Если мы попытаемся представить себе фигурацию двора и состояние социальных напряжений, в которых происходило его медленное формирование в эпоху правления Ришелье, состояние напряженных отношений между королевской властью и ее представителями с одной стороны, и дворянством, стесняемым восходящим третьим сословием, с другом, то мы увидим следующее:
Сословно-представительные органы дворянства, а тем самым и основная масса этого сословия уже почти утратили всякое самостоятельное значение как политические факторы в борьбе с королем. Генеральные штаты 1614 года впервые с полной ясностью показывают, сколь сильным и требовательным стало к этому времени третье сословие и как сословное дворянство, будучи вынуждено обороняться от буржуазии, уже слишком нуждается в короле как в опоре и арбитре, чтобы сопротивляться и его притязаниям.
Группы же дворянства, ближе всего стоящие к трону, — крупное дворянство, прежде всего принцы крови, герцоги и пэры Франции, — были все еще очень сильными соперниками короля. На чем основывалась их сила, и каков был ее источник, достаточно ясно: она основывалась в первую очередь на исполняемой ими функции губернаторов, военных командующих в своих провинциях и фортах. После того как знать была постепенно вытеснена из всех других механизмов господства, в ее руках еще оставалась эта последняя самостоятельная ключевая позиция.

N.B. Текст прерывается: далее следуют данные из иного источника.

-- ===== src/Tokens/Redis.antt =====
-- Redis, as far as the token store uses it: SET with EX, GET, DEL, SADD, EXPIRE and SMEMBERS, each
-- at a time in seconds, with their documented laws. The values that the program stores are
-- `str(user_id)`, `"used:" + str(user_id)` and `"revoked"`; a key is a prefix and a token.
use enterprise_fast_api_boil.Base.{
  ℕ, ◌+◌, ◌≤◌, ◌<◌, String, ◌≡◌, ◌≢◌, true, Option, none, some, List, contains,
}

pub data Value : Type 0 where
  user used : ℕ → Value
  revoked : Value

abbrev pub EntryKey : Type 0
EntryKey = String × String

-- `{prefix}:by-user:{user_id}` and `{prefix}:access-by-user:{user_id}`
pub data IndexKey : Type 0 where
  by_user access_by_user : String → ℕ → IndexKey

pub record Redis : Type 1 where
  pub State : Type 0
  pub set : ℕ → EntryKey → Value → ℕ → State → State
  pub get : ℕ → EntryKey → State → Option Value
  pub delete : EntryKey → State → State
  pub sadd : ℕ → IndexKey → String → State → State
  pub expire : ℕ → IndexKey → ℕ → State → State
  pub smembers : ℕ → IndexKey → State → List String
  pub get-set_self :
      (now t : ℕ) (k : EntryKey) (v : Value) (ttl : ℕ) (s : State)
      → now ≤ t
      → t < now + ttl
      → get t k (set now k v ttl s) ≡ some v
  pub get-set_old :
      (now t : ℕ) (k : EntryKey) (v : Value) (ttl : ℕ) (s : State)
      → now + ttl ≤ t
      → get t k (set now k v ttl s) ≡ none
  pub get-set_ne :
      (now t : ℕ) (k j : EntryKey) (v : Value) (ttl : ℕ) (s : State)
      → k ≢ j
      → get t j (set now k v ttl s) ≡ get t j s
  pub get-delete_self : (t : ℕ) (k : EntryKey) (s : State) → get t k (delete k s) ≡ none
  pub get-delete_none :
      (t : ℕ) (k j : EntryKey) (s : State) → get t j s ≡ none → get t j (delete k s) ≡ none
  pub get-sadd :
      (now t : ℕ) (k : IndexKey) (m : String) (j : EntryKey) (s : State)
      → get t j (sadd now k m s) ≡ get t j s
  pub get-expire :
      (now t : ℕ) (k : IndexKey) (ttl : ℕ) (j : EntryKey) (s : State)
      → get t j (expire now k ttl s) ≡ get t j s
  pub smembers-track :
      (now t : ℕ) (k : IndexKey) (m : String) (ttl : ℕ) (s : State)
      → now ≤ t
      → t < now + ttl
      → contains m (smembers t k (expire now k ttl (sadd now k m s))) ≡ true
  pub smembers-set :
      (now t : ℕ) (j : IndexKey) (k : EntryKey) (v : Value) (ttl : ℕ) (s : State)
      → smembers t j (set now k v ttl s) ≡ smembers t j s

К этому присоединялось то обстоятельство, что король и Ришелье поначалу были сравнительно снисходительны к ближайшим родственникам королевского дома, прежде всего к матери короля и к его брату. Очевидно, нужно было неоднократно убедиться на опыте в том, что вмешательство и участие ближайших родственников короля в правительственных делах представляет угрозу для монарха и его власти; нужно было сперва подавить все эти их поползновения, чтобы завершитель строительства французской абсолютной монархии Людовик XIV — решился с самого же начала проводить сознательную и последовательную политику устранения своих ближних от дел правления и целенаправленного сосредоточения всех компетенций в одних руках. Это было значительным шагом вперед в развитии династической[192]
фазы истории государств. В эпоху Людовика XIII и Ришелье все мятежи знати против короля поначалу опирались на еще не сломленную военную силу крупного дворянства. Благодаря его представителям и представительницам еще обладали в то время некоторой и весьма серьезной — социальной силой придворные группировки, которые, в принципе, существовали всегда, но без такой силовой позиции и без такого центра оставались бы более или менее малозначащими кликами и, во всяком случае, не могли бы представлять никакой угрозы для короля.Чрезвычайно характерно, что брат Людовика XIII, герцог Гастон Орлеанский, точно так же как и братья-соперники прежних королей, когда решился возглавить враждебную кардиналу фракцию и заявил Ришелье о разрыве дружбы с ним, немедленно оставил Париж и отправился в Орлеан, чтобы таким образом вступить в борьбу против кардинала и короля с надежной военной позиции.
Аналогичным образом уже и прежде собралась группировка вокруг внебрачного сына Генриха IV, единокровного брата короля, герцога Вандомского. Ее опорным пунктом была Бретань. Герцог был губернатором этой провинции, и он думал, что благодаря женитьбе имеет наследственные права на эту область.
В такой форме при Людовике XIII у высшей знати сохранялись еще старинные притязания крупных вассалов короля. Провинциальный партикуляризм в соединении с еще довольно значительной децентрализацией военной администрации, относительно большой самостоятельностью военных управителей в провинциях давал подобным притязаниям еще некую реальную основу. Во всех напряжениях и схватках между представителем короля — Ришелье — и высшей знатью обнаруживается одна и та же структура. Сопротивление исходило то от губернатора Прованса, то от губернатора Лангедока, герцога де Монморанси. Возмущение гугенотского дворянства тоже опиралось на подобную же силовую позицию. Военное устройство страны еще не было окончательно централизовано; губернаторы провинций могли рассматривать приобретенные и оплаченные ими посты как свою собственность; даже коменданты крепостей и капитаны фортов обладали еще довольно значительной мерой самостоятельности: благодаря всему этому знать, по крайней мере, высшая — сохраняла последнюю силовую позицию, позволявшую ей снова оказать сопротивление неограниченному господству короля.